DIRECTIONS FOR THIS TASK:
Pull every line containing "cases" from the data.

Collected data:
Start of Block

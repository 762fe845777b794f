-- ===== src/Map/Ints.antt =====
-- common/map.c: where the `int`s do not overflow, the divisors and the search are the exact ones.
use native.Mathlib.Decide.{dec_lt, dec_le}
use native.Mathlib.Nat.{mod-eq_of_lt}
use cfio.Prelude.{
  ℕ, zero, suc, ◌+◌, ◌-◌, ◌*◌, ◌%◌, ◌^◌, ◌<◌, ◌≤◌, ◌≡◌, refl, ap, ◌⊎◌, inl, inr, true, false, ◌&&◌,
  none, some, List, [], ◌∷◌, ltb, leb, ◌==◌, length, Bool-cases, arith,
}
use cfio.Map.{Scan, small_factors, get_factor, scan_step, scan}
use cfio.Map.Exact.{small_divisors, divisors, walk_step, walk}
use cfio.Map.Divisors.{nth, IsFactors, mul_le}
use cfio.Map.Factors.{divisors-IsFactors}

-- 2147395600 is the square of 46340, the greatest number whose square is an `int`.
small_factors-small_divisors :
    (fuel i n : ℕ)
    → i ≤ 46340
    → n < 2147395600
    → small_factors fuel i n ≡ some (small_divisors fuel i n)
unfolding small_factors small_divisors
small_factors-small_divisors zero i n hi hn = refl
small_factors-small_divisors (suc fuel) i n hi hn =
    let square : i * i ≤ 46340 * 46340 = mul_le i i 46340 hi hi in
    let held : ltb (i * i) (2 ^ 31) ≡ true = ground arith in
    elim (Bool-cases (leb (i * i) n)) [
      | inr far ↦ rw (held, far) refl
      | inl near ↦
          let le : i * i ≤ n = ground arith in
          let below : i + 1 ≤ 46340 = elim (dec_lt i 46340) [
            | yes lt ↦ omega arith
            | no ge ↦
                let top : i ≡ 46340 = omega arith in absurd (omega (arith, ap (λ j. j * j) top))
          ] in
          let rest = small_factors-small_divisors fuel (i + 1) n below hn in
          elim (Bool-cases (n % i == 0)) [
            | inl hit ↦ rw (held, near, hit, rest) refl
            | inr miss ↦ rw (held, near, miss, rest) refl
          ]
    ]

-- The loop fails, or finds what it would with numbers of any size.
small_factors_or :
    (fuel i n : ℕ)
    → (small_factors fuel i n ≡ none) ⊎ (small_factors fuel i n ≡ some (small_divisors fuel i n))
unfolding small_factors small_divisors
small_factors_or zero i n = inr refl
small_factors_or (suc fuel) i n = elim (Bool-cases (ltb (i * i) (2 ^ 31))) [
  | inr over ↦ inl (rw over refl)
  | inl held ↦ elim (Bool-cases (leb (i * i) n)) [
    | inr far ↦ inr (rw (held, far) refl)
    | inl near ↦ elim (Bool-cases (n % i == 0)) [
      | inl hit ↦ elim (small_factors_or fuel (i + 1) n) [
        | inl e ↦ inl (rw (held, near, hit, e) refl)
        | inr e ↦ inr (rw (held, near, hit, e) refl)
      ]
      | inr miss ↦ elim (small_factors_or fuel (i + 1) n) [
        | inl e ↦ inl (rw (held, near, miss, e) refl)
        | inr e ↦ inr (rw (held, near, miss, e) refl)
      ]
    ]
  ]
]

pub get_factor-divisors : (n : ℕ) → n < 2147395600 → get_factor n ≡ some (divisors n)
unfolding get_factor divisors
get_factor-divisors n small = rw (small_factors-small_divisors n 1 n (omega arith) small) refl

pub get_factor_or : (n : ℕ) → (get_factor n ≡ none) ⊎ (get_factor n ≡ some (divisors n))
unfolding get_factor divisors
get_factor_or n = elim (small_factors_or n 1 n) [
  | inl e ↦ inl (rw e refl)
  | inr e ↦ inr (rw e refl)
]

-- For a positive number below 2147395600, the greatest square that an int holds, _get_factor
-- passes without overflow and lists exactly the positive divisors, in strictly ascending order.
pub get_factor-IsFactors :
    (n : ℕ)
    → 0 < n
    → n < 2147395600
    → (factor : List ℕ) × (get_factor n ≡ some factor) × IsFactors n factor
get_factor-IsFactors n pos small =
    (divisors n, get_factor-divisors n small, divisors-IsFactors n pos)

module _ (fx fy : List ℕ) (best : ℕ) (held : (j k : ℕ) → nth fx j * nth fy k < 2 ^ 31) where
  scan_step-walk_step : (s : Scan) → scan_step fx fy best s ≡ some (walk_step fx fy best s)
  unfolding scan_step walk_step
  scan_step-walk_step s =
      let fits = held s.index_x (s.rows - 1) in
      let t : leb (2 ^ 31) (nth fx s.index_x * nth fy (s.rows - 1)) ≡ false = ground arith in
      elim (Bool-cases (nth fx s.index_x * nth fy (s.rows - 1) == best)) [
        | inl same ↦ rw (t, same) refl
        | inr other ↦ elim (Bool-cases (ltb (nth fx s.index_x * nth fy (s.rows - 1)) best)) [
          | inl low ↦ rw (t, other, low) refl
          | inr high ↦ rw (t, other, high) refl
        ]
      ]

  pub scan-walk : (fuel : ℕ) (s : Scan) → scan fuel fx fy best s ≡ some (walk fuel fx fy best s)
  unfolding scan walk
  scan-walk zero s = refl
  scan-walk (suc fuel) s = elim (Bool-cases (ltb s.index_x (length fx) && ltb 0 s.rows)) [
    | inr stop ↦ rw stop refl
    | inl go_on ↦ elim (Bool-cases (walk_step fx fy best s).0) [
      | inl found ↦ rw (go_on, scan_step-walk_step s, found) refl
      | inr other ↦
          rw (go_on, scan_step-walk_step s, other) (scan-walk fuel (walk_step fx fy best s).1)
    ]
  ]

-- Neither is a factor, or the 0 that stands behind the list, greater than the number.
pub nth_at_most : (n : ℕ) (xs : List ℕ) (k : ℕ) → 0 < n → IsFactors n xs → nth xs k ≤ n
nth_at_most n xs k pos f = elim (dec_lt k (length xs)) [
  | yes lt ↦ let (some_factor, e) = f.divides k lt in divisor_le n (nth xs k) pos e
  | no ge ↦ let none_left = nth_behind xs k (omega arith) in omega arith
]
  where
    nth_behind : (xs : List ℕ) (k : ℕ) → length xs ≤ k → nth xs k ≡ 0
    nth_behind [] k h = refl
    nth_behind (x ∷ xs) zero h = absurd (omega arith)
    nth_behind (x ∷ xs) (suc k) h = nth_behind xs k (omega arith)

    divisor_le : (n d : ℕ) → 0 < n → n % d ≡ 0 → d ≤ n
    divisor_le n d p e = elim (dec_le d n) [
      | yes le ↦ le
      | no gt ↦ absurd (omega (arith, mod-eq_of_lt (let lt : n < d = omega arith in lt)))
    ]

End of Block

ANSWER TO THE PROBLEM:
  none, some, List, [], ◌∷◌, ltb, leb, ◌==◌, length, Bool-cases, arith,
    elim (Bool-cases (leb (i * i) n)) [
          elim (Bool-cases (n % i == 0)) [
small_factors_or (suc fuel) i n = elim (Bool-cases (ltb (i * i) (2 ^ 31))) [
  | inl held ↦ elim (Bool-cases (leb (i * i) n)) [
    | inl near ↦ elim (Bool-cases (n % i == 0)) [
      elim (Bool-cases (nth fx s.index_x * nth fy (s.rows - 1) == best)) [
        | inr other ↦ elim (Bool-cases (ltb (nth fx s.index_x * nth fy (s.rows - 1)) best)) [
  scan-walk (suc fuel) s = elim (Bool-cases (ltb s.index_x (length fx) && ltb 0 s.rows)) [
    | inl go_on ↦ elim (Bool-cases (walk_step fx fy best s).0) [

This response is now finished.